Speaking of the late, great Lemmy Kilmister, he’s one of numerous deceased icons named in “Dead Friends Play”. That song also pays tribute to Ronnie James Dio, Malcolm Young, Eddie Van Halen, Dusty Hill, John Bonham, and Ronnie Van Zant. That sounds like it would be an easy thing to do, but when you listen to the lyrics, Whitfield’s not just spouting off names of people who have passed. He’s using album titles and song titles that are immediately associated with those musicians. That must have taken some time to put together. “Well, I wrote the hook in Costa Rica. I played this game with myself in Costa Rica. I lived in the barrio with a tin roof, with this dog named Rugus; he’s a Shar-Pei. He was the greatest dog. He's still alive somewhere; he’s my buddy. I would walk to the gym every day, and I purposely wouldn’t bring my phone, to force myself to write songs and retain the songs. So, leaving the front door of my tin roof flat – to the gym, to the beach, to food, to take the bus back up – took on average four to five hours.”

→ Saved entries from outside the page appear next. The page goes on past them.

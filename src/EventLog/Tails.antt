-- ===== src/EventLog/Tails.antt =====
-- What a tail gets of a log over appends, reads and trims (session/eventlog.go).
use tacklr.Base.{
  ℕ, zero, suc, ◌+◌, ◌-◌, ◌≤◌, min, ◌≡◌, refl, sym, ◌∙◌, ap, subst, Bool, Bool-cases, inl, inr,
  true, false, Option, none, some, List, [], ◌∷◌, ◌++◌, append_assoc, append-nil, length,
  length-drop, length-append, drop, codes, text_eq, arith,
}
use tacklr.EventLog.{LogEntry, SessionLog, append_entry, head_of, trim_log, sent, read_tail}

-- A log with one tail: the position that it reads next, and what it has got.
pub record Tail (E : Type 0) : Type 0 where
  pub log : SessionLog E
  pub next : ℕ
  pub got : List E

pub data LogStep (E : Type 0) : Type 0 where
  appends : LogEntry E → LogStep E
  reads : LogStep E
  trims : (through : ℕ) → LogStep E

module _ {E : Type 0} where
  abbrev read_into : Option (List E × ℕ) → Tail E → Tail E
  read_into none t = t
  read_into (some (events, next)) t = record t { next = next; got = t.got ++ events }

  abbrev pub log_step : LogStep E → Tail E → Tail E
  log_step (appends e) t = record t { log = append_entry e t.log }
  log_step reads t = read_into (read_tail t.next t.log) t
  log_step (trims through) t = record t { log = trim_log through t.log }

  abbrev pub log_steps : List (LogStep E) → Tail E → Tail E
  log_steps [] t = t
  log_steps (x ∷ xs) t = log_steps xs (log_step x t)

  abbrev pub appended : List (LogStep E) → List (LogEntry E)
  appended [] = []
  appended (appends e ∷ xs) = e ∷ appended xs
  appended (reads ∷ xs) = appended xs
  appended (trims _ ∷ xs) = appended xs

  -- No step trims what the tail has not read.
  abbrev pub TrimsRead : List (LogStep E) → Tail E → Type 0
  TrimsRead [] t = Unit {0}
  TrimsRead (trims through ∷ xs) t = (through ≤ t.next) × TrimsRead xs (log_step (trims through) t)
  TrimsRead (appends e ∷ xs) t = TrimsRead xs (log_step (appends e) t)
  TrimsRead (reads ∷ xs) t = TrimsRead xs (log_step reads t)

  -- A tail of an open log, at a position that the log holds.
  pub record IsTail (t : Tail E) : Type 0 where
    pub opened : t.log.closed ≡ false
    pub low : t.log.base ≤ t.next
    pub high : t.next ≤ head_of t.log

  -- The entries that the tail has not read.
  abbrev pub pending : Tail E → List (LogEntry E)
  pending t = drop (t.next - t.log.base) t.log.entries

  drop-append :
      (k : ℕ) (es fs : List (LogEntry E)) → k ≤ length es → drop k (es ++ fs) ≡ drop k es ++ fs
  drop-append zero es fs le = refl
  drop-append (suc k) [] fs le = absurd (omega (arith, le))
  drop-append (suc k) (e ∷ es) fs le = drop-append k es fs (omega (arith, le))

  drop-nil : (k : ℕ) → let empty : List (LogEntry E) = [] in drop k empty ≡ empty
  drop-nil zero = refl
  drop-nil (suc k) = refl

  drop-drop : (m n k : ℕ) (es : List (LogEntry E)) → m + n ≡ k → drop n (drop m es) ≡ drop k es
  drop-drop zero n k es h = ap (λ j. drop j es) (omega (arith, h))
  drop-drop (suc m) n k [] h = drop-nil n ∙ sym (drop-nil k)
  drop-drop (suc m) n k (e ∷ es) h =
      let same : suc (m + n) ≡ k = omega (arith, h) in
      drop-drop m n (m + n) es refl ∙ ap (λ j. drop j (e ∷ es)) same

  drop-length : (es : List (LogEntry E)) → drop (length es) es ≡ []
  drop-length [] = refl
  drop-length (e ∷ es) = drop-length es

  sent-append : (es fs : List (LogEntry E)) → sent (es ++ fs) ≡ sent es ++ sent fs
  sent-append [] fs = refl
  sent-append (e ∷ es) fs = elim (Bool-cases (text_eq e.topic (codes "retry"))) [
    | inl b ↦ rw b (sent-append es fs)
    | inr b ↦ rw b (ap (◌∷◌ e.ev) (sent-append es fs))
  ]

  drop_high : (k : ℕ) (es : List (LogEntry E)) → length es ≤ k → drop k es ≡ []
  drop_high k [] le = drop-nil k
  drop_high zero (e ∷ es) le = absurd (omega (arith, le))
  drop_high (suc k) (e ∷ es) le = drop_high k es (omega (arith, le))

  -- What the tail has got and is still to get, before and after a step.
  owed : Tail E → List (LogEntry E) → List E
  owed t more = t.got ++ sent (pending t ++ more)

  record StepKeeps (t t' : Tail E) (new : List (LogEntry E)) : Type 0 where
    tail : IsTail t'
    same : (more : List (LogEntry E)) → owed t' more ≡ owed t (new ++ more)

  appends-StepKeeps :
      (e : LogEntry E) (t : Tail E) → IsTail t → StepKeeps t (log_step (appends e) t) (e ∷ [])
  unfolding owed
  appends-StepKeeps e t h = record {
    tail = record {
      opened = h.opened;
      low = h.low;
      high = omega (arith, h.high, length-append t.log.entries (e ∷ []));
    };
    same = λ more.
        ap (λ es. t.got ++ sent es)
          (ap (λ es. es ++ more)
              (drop-append (t.next - t.log.base) t.log.entries (e ∷ [])
                (omega (arith, h.high, h.low)))
            ∙ append_assoc (pending t) (e ∷ []) more);
  }

  all_of : Tail E → Bool → Option (List E × ℕ)
  all_of t true = none
  all_of t false =
      some (
        sent (drop (min (t.next - t.log.base) (length t.log.entries)) t.log.entries),
        head_of t.log,
      )

  read_tail-pending :
      (t : Tail E) → IsTail t → read_tail t.next t.log ≡ some (sent (pending t), head_of t.log)
  unfolding read_tail all_of
  read_tail-pending t h =
      ap (all_of t) h.opened
      ∙ ap (λ k. some (sent (drop k t.log.entries), head_of t.log)) (omega (arith, h.low, h.high))

  reads-StepKeeps : (t : Tail E) → IsTail t → StepKeeps t (log_step reads t) []
  unfolding owed
  reads-StepKeeps t h =
      subst (λ o. StepKeeps t (read_into o t) []) (sym (read_tail-pending t h))
        (record {
          tail = record { opened = h.opened; low = omega arith; high = omega arith };
          same = λ more.
              ap (λ es. (t.got ++ sent (pending t)) ++ sent (es ++ more))
                (drop_high (head_of t.log - t.log.base) t.log.entries (omega arith))
              ∙ (append_assoc t.got (sent (pending t)) (sent more)
                  ∙ ap (◌++◌ t.got) (sym (sent-append (pending t) more)));
        })

  trims-StepKeeps :
      (through : ℕ) (t : Tail E)
      → IsTail t
      → through ≤ t.next
      → StepKeeps t (log_step (trims through) t) []
  unfolding owed trim_log
  trims-StepKeeps through t h le =
      let n = min (through - t.log.base) (length t.log.entries) in
      record {
        tail = record {
          opened = h.opened;
          low = omega (arith, h.low, h.high, le);
          high = omega (arith, h.low, h.high, le, length-drop n t.log.entries);
        };
        same = λ more.
            ap (λ es. t.got ++ sent (es ++ more))
              (drop-drop n (t.next - (t.log.base + n)) (t.next - t.log.base) t.log.entries
                (omega (arith, h.low, h.high, le)));
      }

  owed_end :
      (xs : List (LogStep E)) (t : Tail E)
      → IsTail t
      → TrimsRead xs t
      → StepKeeps t (log_steps xs t) (appended xs)
  owed_end [] t h read = record { tail = h; same = λ more. refl }
  owed_end (appends e ∷ xs) t h read =
      let one = appends-StepKeeps e t h in
      let rest = owed_end xs (log_step (appends e) t) one.tail read in
      record { tail = rest.tail; same = λ more. rest.same more ∙ one.same (appended xs ++ more) }
  owed_end (reads ∷ xs) t h read =
      let one = reads-StepKeeps t h in
      let rest = owed_end xs (log_step reads t) one.tail read in
      record { tail = rest.tail; same = λ more. rest.same more ∙ one.same (appended xs ++ more) }
  owed_end (trims through ∷ xs) t h read =
      let one = trims-StepKeeps through t h read.0 in
      let rest = owed_end xs (log_step (trims through) t) one.tail read.1 in
      record { tail = rest.tail; same = λ more. rest.same more ∙ one.same (appended xs ++ more) }

  -- A tail of an open log misses nothing and gets nothing twice. Whatever is appended, read and trimmed, in
  -- whatever order, where nothing is trimmed that the tail has not read, after one more read the tail has
  -- got, in order, what it had, the events that it had not read and those appended since, but for retries.
  pub log_steps-sent :
      (xs : List (LogStep E)) (t : Tail E)
      → IsTail t
      → TrimsRead xs t
      → (log_step reads (log_steps xs t)).got ≡ t.got ++ sent (pending t ++ appended xs)
  unfolding owed
  log_steps-sent xs t h read =
      let t' = log_steps xs t in
      let kept = owed_end xs t h read in
      ap (λ o. (read_into o t').got) (read_tail-pending t' kept.tail)
      ∙ (ap (λ es. t'.got ++ sent es) (sym (append-nil (pending t')))
          ∙ (kept.same [] ∙ ap (λ es. t.got ++ sent (pending t ++ es)) (append-nil (appended xs))))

“If I could retain the hooks, then I felt they were worthwhile hooks. I came up with that hook just walking into the gym. I went, ‘Oh my God!’  I was almost scared that I didn’t have my iPhone with me, because you can talk to the iPhone and retain it; you can tape sh*t. But that hook was no problem. So, I had the hook. I had the Malcolm part, I had the Sabbath part… man, we sat there. We tuned into the Gods. The way that Fortman and I work, we’re really quick together. We’re not scared to look at each other and be like, ‘No, that sh*t sucks.’ Or ‘Woah, that was crazy!’ All that is first takes out of the sky. Something was coming through us, if that makes sense. I don’t really think you write songs; I think songs are written through you – which is pretty flighty, romantic, and idealistic – but I’m all of those things. Something special was going on with that particular song. I love all of those artists! Think of the delta blues. Think about the lyrics, ‘It’s hard to break a habit in the world today, It’s good to hear the music with your dead friends playing.’ That’s a heavy f*cking statement. When it came through me in Costa Rica, I was like, ‘Oh my God!’ I was almost scared of it. It was like you wanted it, here I am. Oh f*ck! I’m really happy, grateful, pleased how it turned out. It’s so bad-ass!”